Other standardization functions that can operate on muliple molecules and support a numThreads argument:

  • CleanupInPlace(): cleans up the molecule by removing Hs, sanitizing, disconnecting metals, normalizing, reionizing, and assigning stereochemistry.
  • NormalizeInPlace(): normalizes the molecule by standardizing some functional groups
  • ReionizeInPlace(): rearranges charges so that the strongest acids ionize first
  • RemoveFragmentsInPlace(): removes common salts and solvents
  • TautomerParentInPlace(): finds the canonical tautomer and then calls cleanup
  • StereoParentInPlace(): removes all stereochemistry markers
  • IsotopeParentInPlace(): removes all isotope labels
  • ChargeParentInPlace(): neutralizes the molecule
  • SuperParentInPlace(): this is the fragment, charge, isotope, stereo, and tautomer parent of the molecule
m = Chem.MolFromSmiles('CC.[Na+].[Cl-].C.[Fe].CCO')
m = rdMolStandardize.RemoveFragments(m)
Chem.MolToSmiles(m)
'C.CC.[Fe]'
m = Chem.MolFromSmiles('CC(O)=CCCO[Na]')
rdMolStandardize.TautomerParentInPlace(m)
Chem.MolToSmiles(m)
'CC(=O)CCC[O-].[Na+]'

RMSD calculations

2023.09.3 release

from rdkit.Chem import rdDistGeom
from rdkit.Chem import rdMolAlign
from rdkit.Chem.Draw import IPythonConsole
IPythonConsole.ipython_3d = True

Download the ligand from a recent PDB structure

import requests
d = requests.get('https://www.ebi.ac.uk/pdbe/static/files/pdbechem_v2/U9X_model.sdf').text
mol = Chem.MolFromMolBlock(d,removeHs=False)
mol
[08:03:21] Warning: molecule is tagged as 2D, but at least one Z coordinate is not zero. Marking the mol as 3D.

You appear to be running in JupyterLab (or JavaScript failed to load for some other reason).
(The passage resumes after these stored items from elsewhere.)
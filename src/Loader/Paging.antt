-- ===== src/Loader/Paging.antt =====
-- Where the virtual addresses lead, once the loader has called `kmain`.
use projeto_so.Base.{
  ℕ, ◌+◌, ◌-◌, ◌*◌, ◌/◌, ◌%◌, ◌^◌, ◌≤◌, ◌<◌, ◌≡◌, refl, ap, ◌∙◌, arith, true, false, ◌&&◌, none,
  some, ◌==◌, leb, ltb, if◌then◌else◌, bit_and, u32, sub_u32, update, Bool-cases, inl, inr,
}
use projeto_so.Io.{Run, ◌>>=◌, ◌>>◌}
use projeto_so.Io.Returns.{Returns-eq, Returns, returns, Returns-mono, >>=-Returns}
use projeto_so.Memory.{kernel_base}
use projeto_so.Loader.{
  Startup, fetch_low, fetch_high, translate, store, push_word, map_kernel, enable_paging,
  enter_higher_half, loader, kernel_stack_size,
}
use projeto_so.Loader.Translate.{
  bit_set, Paged, translate-present, translate-absent, translate-off, store-Returns, Placed,
  fetch_low-run, fetch_high-run,
}

-- What the loader has set up when it calls `kmain`: the virtual addresses from `kernel_base` on
-- lead to the first 4 MiB of the memory, every other one nowhere; the argument of `kmain` is
-- `argument`, and it would return to `loop`.
pub record HigherHalf (stack_top argument loop : ℕ) (s : Startup) : Type 0 where
  pub mapped :
      (a : ℕ)
      → a < 2 ^ 32
      → translate s a ≡ (
          if leb kernel_base a && ltb a (kernel_base + 2 ^ 22)
          then some (a - kernel_base)
          else none)
  pub stack_at : s.esp + 8 ≡ stack_top
  pub argument_on_stack : s.memory (s.esp + 4 - kernel_base) ≡ argument
  pub return_on_stack : s.memory (s.esp - kernel_base) ≡ loop

module _ (code : ℕ → ℕ) (d k : ℕ) (placed : Placed code) (aligned : d % 2 ^ 12 ≡ 0)
    (fits : k + 16384 ≤ 2 ^ 22) (below : d + 4096 ≤ k) where
  map_kernel-Returns :
      {m : Startup}
      → bit_and m.cr0 (2 ^ 31) ≡ 0
      → Returns
          (map_kernel (kernel_base + d))
          m
          (λ _ m'. m' ≡ record m { memory = update (update m.memory d 0x83) (d + 3072) 0x83 })
  unfolding map_kernel
  map_kernel-Returns {m} paging_off =
      let low : sub_u32 (kernel_base + d) kernel_base ≡ d = omega (arith, fits, below) in
      let high : u32 (sub_u32 (kernel_base + d) kernel_base + 768 * 4) ≡ d + 3072 =
        omega (arith, fits, below) in
      >>=-Returns _ (store-Returns d _ 0x83 (translate-off m _ paging_off ∙ ap some low))
        (λ _ m₁ e₁.
          Returns-mono
            (store-Returns (d + 3072) _ 0x83 (translate-off m₁ _ (rw e₁ paging_off) ∙ ap some high))
            (λ _ m₂ e₂. e₂ ∙ rw e₁ refl))

  -- The directory once the first entry is taken back, beside what lies from `k` on.
  record Directory (m : Startup) : Type 0 where
    pub paged : Paged d m
    pub entries : (i : ℕ) → i < 1024 → m.memory (d + i * 4) ≡ (if i == 768 then 0x83 else 0)

  Directory-HigherHalf :
      {m : Startup} (a : ℕ)
      → Directory m
      → a < 2 ^ 32
      → translate m a ≡ (
          if leb kernel_base a && ltb a (kernel_base + 2 ^ 22)
          then some (a - kernel_base)
          else none)
  Directory-HigherHalf {m} a g small = elim (Bool-cases (a / 2 ^ 22 == 768)) [
    | inl inside ↦
        let here : (leb kernel_base a && ltb a (kernel_base + 2 ^ 22)) ≡ true =
          ground (arith, inside) in
        rw here (
          translate-present a g.paged (g.entries (a / 2 ^ 22) (omega arith) ∙ rw inside refl)
          ∙ ap some (ground (arith, inside)))
    | inr outside ↦
        let elsewhere : (leb kernel_base a && ltb a (kernel_base + 2 ^ 22)) ≡ false =
          ground (arith, outside) in
        rw elsewhere
          (translate-absent a g.paged (g.entries (a / 2 ^ 22) (omega arith) ∙ rw outside refl))
  ]

  -- The stores after the directory is whole fall on the stack.
  store-Directory :
      {m : Startup} (at v : ℕ)
      → k ≤ at
      → at < 2 ^ 22
      → Directory m
      → Returns
          (store (kernel_base + at) v)
          m
          (λ _ m'. Directory m' × (m' ≡ record m { memory = update m.memory at v }))
  store-Directory {m} at v above inside g =
      Returns-mono
        (store-Returns at (kernel_base + at) v (
          Directory-HigherHalf (kernel_base + at) g (omega (arith, inside))
          ∙ ground (arith, inside)))
        (λ _ m₁ e. (
          record {
            paged = record {
              on = rw e g.paged.on;
              large = rw e g.paged.large;
              directory_at = rw e g.paged.directory_at;
            };
            entries = λ i small. rw e (ground (arith, g.entries i small, above, below));
          },
          e,
        ))

  -- The registers that only count.
  moved-Directory :
      {m : Startup} (ecx esp : ℕ) → Directory m → Directory (record m { ecx = ecx; esp = esp })
  moved-Directory ecx esp g = record {
    paged = record { on = g.paged.on; large = g.paged.large; directory_at = g.paged.directory_at };
    entries = g.entries;
  }

  push_word-Directory :
      {m : Startup} (at v : ℕ)
      → m.esp ≡ kernel_base + (at + 4)
      → k ≤ at
      → at < 2 ^ 22
      → Directory m
      → Returns (push_word v) m (λ _ m'.
        Directory m' × (m' ≡ record m { esp = kernel_base + at; memory = update m.memory at v }))
  unfolding push_word
  push_word-Directory {m} at v e above inside g =
      let down : sub_u32 m.esp 4 ≡ kernel_base + at = omega (arith, e, inside) in
      elim (store-Directory at v above inside (moved-Directory m.ecx (kernel_base + at) g)) [
        | returns u m₁ runs (g₁, e₁) ↦ returns u m₁ (rw (down, push_word, ◌>>=◌) runs) (g₁, e₁)
      ]

  fetch-Directory : {m : Startup} (i : ℕ) → i < 8 → Directory m → fetch_high code i m ≡ some (tt, m)
  fetch-Directory i small g =
      fetch_high-run code placed g.paged i small (g.entries 768 (omega arith))

  enter_higher_half-Directory :
      (s : Startup)
      → bit_and s.cr0 (2 ^ 31) ≡ 0
      → ((i : ℕ) → i < 1024 → s.memory (d + i * 4) ≡ 0)
      → Returns (enter_higher_half code (kernel_base + d)) s (λ _ m. Directory m × (m.ecx ≡ s.ecx))
  unfolding enter_higher_half enable_paging
  enter_higher_half-Directory s off blank = >>=-Returns _ (map_kernel-Returns off) (λ _ m₁ e₁.
      >>=-Returns (λ _. jump) (enabled m₁ e₁)
        (λ _ m₂ (paged, e₂, kept).
          Returns-mono
            (Returns-eq
              (rw
                (
                  fetch_low-run code placed paged 0 (omega arith) (rw e₂ (ground arith)),
                  ◌>>=◌,
                  fetch_low-run code placed paged 1 (omega arith) (rw e₂ (ground arith)),
                  fetch_high-run code placed paged 2 (omega arith) (rw e₂ (ground arith)),
                )
                refl)
              (store-Returns d (kernel_base + d) 0 (
                translate-present (kernel_base + d) paged (rw (index, e₂) (ground arith))
                ∙ ap some (omega (arith, fits, below)))))
            (λ _ m₃ e₃. (
              record {
                paged = record {
                  on = rw e₃ paged.on;
                  large = rw e₃ paged.large;
                  directory_at = rw e₃ paged.directory_at;
                };
                entries = λ i small. rw (e₃, e₂) (ground (arith, blank i small));
              },
              rw e₃ kept,
            ))))
    where
      jump : Run Startup (Unit {0})
      jump = do fetch_low code 0; fetch_low code 1; fetch_high code 2; store (kernel_base + d) 0

      index : (kernel_base + d) / 2 ^ 22 ≡ 768
      index = omega (arith, fits, below)

      mapped : ℕ → ℕ
      mapped = update (update s.memory d 0x83) (d + 3072) 0x83

      enabled :
          (m : Startup)
          → m ≡ record s { memory = mapped }
          → Returns
              (enable_paging (kernel_base + d))
              m
              (λ _ m'. Paged d m' × (m'.memory ≡ mapped) × (m'.ecx ≡ s.ecx))
      enabled m e = returns tt _ refl (
        record {
          on = bit_set m.cr0 31;
          large = bit_set m.cr4 4;
          directory_at = omega (arith, fits, below, aligned);
        },
        rw e refl,
        rw e refl,
      )

  -- Let paging be off and the page directory blank and at a page boundary, let the directory and
  -- above it the stack lie in the first 4 MiB of the memory, and let the code that runs with paging
  -- on be linked for the first 4 MiB from 0xC0000000 on. Then the loader gets to the call of `kmain`
  -- without a page fault: each store reaches the memory, and each of these instructions is found
  -- where the boot loader put it, the jump at its lower address too. There the virtual addresses
  -- from 0xC0000000 on lead to the first 4 MiB of the memory, and every other address of 32 bits
  -- leads nowhere; the stack is the kernel's, with the return address and above it the boot loader's
  -- pointer, moved up by 0xC0000000.
  pub loader-HigherHalf :
      (ebx loop : ℕ) (s : Startup)
      → bit_and s.cr0 (2 ^ 31) ≡ 0
      → ((i : ℕ) → i < 1024 → s.memory (d + i * 4) ≡ 0)
      → Returns (loader code ebx (kernel_base + d) (kernel_base + k) loop) s (λ _ s'.
        HigherHalf (kernel_base + k + kernel_stack_size) (u32 (ebx + kernel_base)) loop s')
  unfolding loader
  loader-HigherHalf ebx loop s off blank =
      elim (enter_higher_half-Directory (record s { ecx = ebx }) off blank) [
        | returns _ m₁ e₁ (g₁, ecx₁) ↦
            elim (push_word-Directory (k + 16380) (u32 (m₁.ecx + kernel_base)) (omega (arith, fits))
              (omega arith) (omega (arith, fits))
              (moved-Directory (u32 (m₁.ecx + kernel_base)) (u32 (kernel_base + k + 16384)) g₁)) [
                | returns _ m₂ e₂ (g₂, p₂) ↦
                    elim (push_word-Directory (k + 16376) loop (rw p₂ (omega arith)) (omega arith)
                      (omega (arith, fits)) g₂) [
                        | returns u m₃ e₃ (g₃, p₃) ↦
                            returns u m₃
                              (rw
                                (
                                  e₁,
                                  ◌>>=◌,
                                  fetch-Directory 3 (omega arith) g₁,
                                  fetch-Directory 4 (omega arith) g₁,
                                  fetch-Directory 5 (omega arith)
                                      (moved-Directory m₁.ecx (u32 (kernel_base + k + 16384)) g₁),
                                  fetch-Directory 6 (omega arith) (
                                      moved-Directory (u32 (m₁.ecx + kernel_base))
                                        (u32 (kernel_base + k + 16384)) g₁),
                                  e₂,
                                  fetch-Directory 7 (omega arith) g₂,
                                  e₃,
                                )
                                refl)
                              (record {
                                mapped = λ a small. Directory-HigherHalf a g₃ small;
                                stack_at = rw p₃ (omega arith);
                                argument_on_stack = rw (p₃, p₂, ecx₁) (ground arith);
                                return_on_stack = rw p₃ (ground arith);
                              })
                      ]
              ]
      ]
You need to install the 3dmol extension:
jupyter labextension install jupyterlab_3dmol

You’ve been able to use multiple threads during conformer generation for a while, it makes a big difference:

mcp = Chem.Mol(mol)
ps = rdDistGeom.ETKDGv3()
ps.randomSeed = 0xc0ffee

%timeit rdDistGeom.EmbedMultipleConfs(mcp,500,ps)
2min 29s ± 236 ms per loop (mean ± std. dev. of 7 runs, 1 loop each)
mcp = Chem.Mol(mol)
ps = rdDistGeom.ETKDGv3()
ps.randomSeed = 0xc0ffee
ps.numThreads = 5
%timeit rdDistGeom.EmbedMultipleConfs(mcp,500,ps)
36 s ± 78.2 ms per loop (mean ± std. dev. of 7 runs, 1 loop each)

GetAllConformerBestRMS() returns the “distance matrix” between all of the molecule’s conformers, it also can be nicely run in multiple threads:

mol_noh = Chem.RemoveHs(mol)
mcp_noh = Chem.RemoveHs(mcp)
%timeit rdMolAlign.GetAllConformerBestRMS(mcp_noh)
3.52 s ± 92.3 ms per loop (mean ± std. dev. of 7 runs, 1 loop each)
%timeit rdMolAlign.GetAllConformerBestRMS(mcp_noh, numThreads=5)
937 ms ± 26.4 ms per loop (mean ± std. dev. of 7 runs, 1 loop each)
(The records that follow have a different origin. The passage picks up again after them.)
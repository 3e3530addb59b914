-- ===== src/Loader/Tests.antt =====
-- The loader with its directory at 1 MiB and 36 KiB, and its stack behind that.
use projeto_so.Base.{ℕ, ◌+◌, ◌*◌, refl, arith}
use projeto_so.Io.Returns.{Returns}
use projeto_so.Loader.{Startup, loader}
use projeto_so.Loader.Paging.{HigherHalf, loader-HigherHalf}

abbrev protected_mode : Startup
protected_mode = record { memory = λ a. 0; cr0 = 0x11; cr3 = 7; cr4 = 0; ecx = 1; esp = 2 }

-- Some addresses for the instructions, ten bytes apart.
abbrev code : ℕ → ℕ
code i = 0xC010_0040 + 10 * i

loader-HigherHalf_example :
    Returns
      (loader code 0x1_0000 0xC010_9000 0xC010_C000 0xC010_0040)
      protected_mode
      (λ _ s'. HigherHalf 0xC011_0000 0xC001_0000 0xC010_0040 s')
loader-HigherHalf_example =
    loader-HigherHalf code 0x10_9000 0x10_C000 (λ i h. (omega arith, omega (arith, h))) refl
      (omega arith) (omega arith) 0x1_0000 0xC010_0040 protected_mode refl (λ i h. refl)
We can use this to quickly find the conformer with the best RMSD to the crystal conformer:

mcp_noh.GetNumConformers()
500

Add the crystal conformer at the end of the conformer list:

mcp_noh.AddConformer(mol_noh.GetConformer(),assignId=True)
mcp_noh.GetNumConformers()
501
dmat = rdMolAlign.GetAllConformerBestRMS(mcp_noh, numThreads=5)
len(dmat)
125250

The elements of dmat are stored in the RDKit’s usual way for symmetric matrices, with the indices in the order: [(1,0),(2,0),(2,1),(3,0),...], so the distances to the last conformer (the crystal conformer we just added) are at the end:

dists_to_xtal = dmat[-500:]
min(dists_to_xtal)
1.812529263358374

That’s not a fantastic result, but the molecule I picked for this demo is super flexible and we only generated 500 conformers.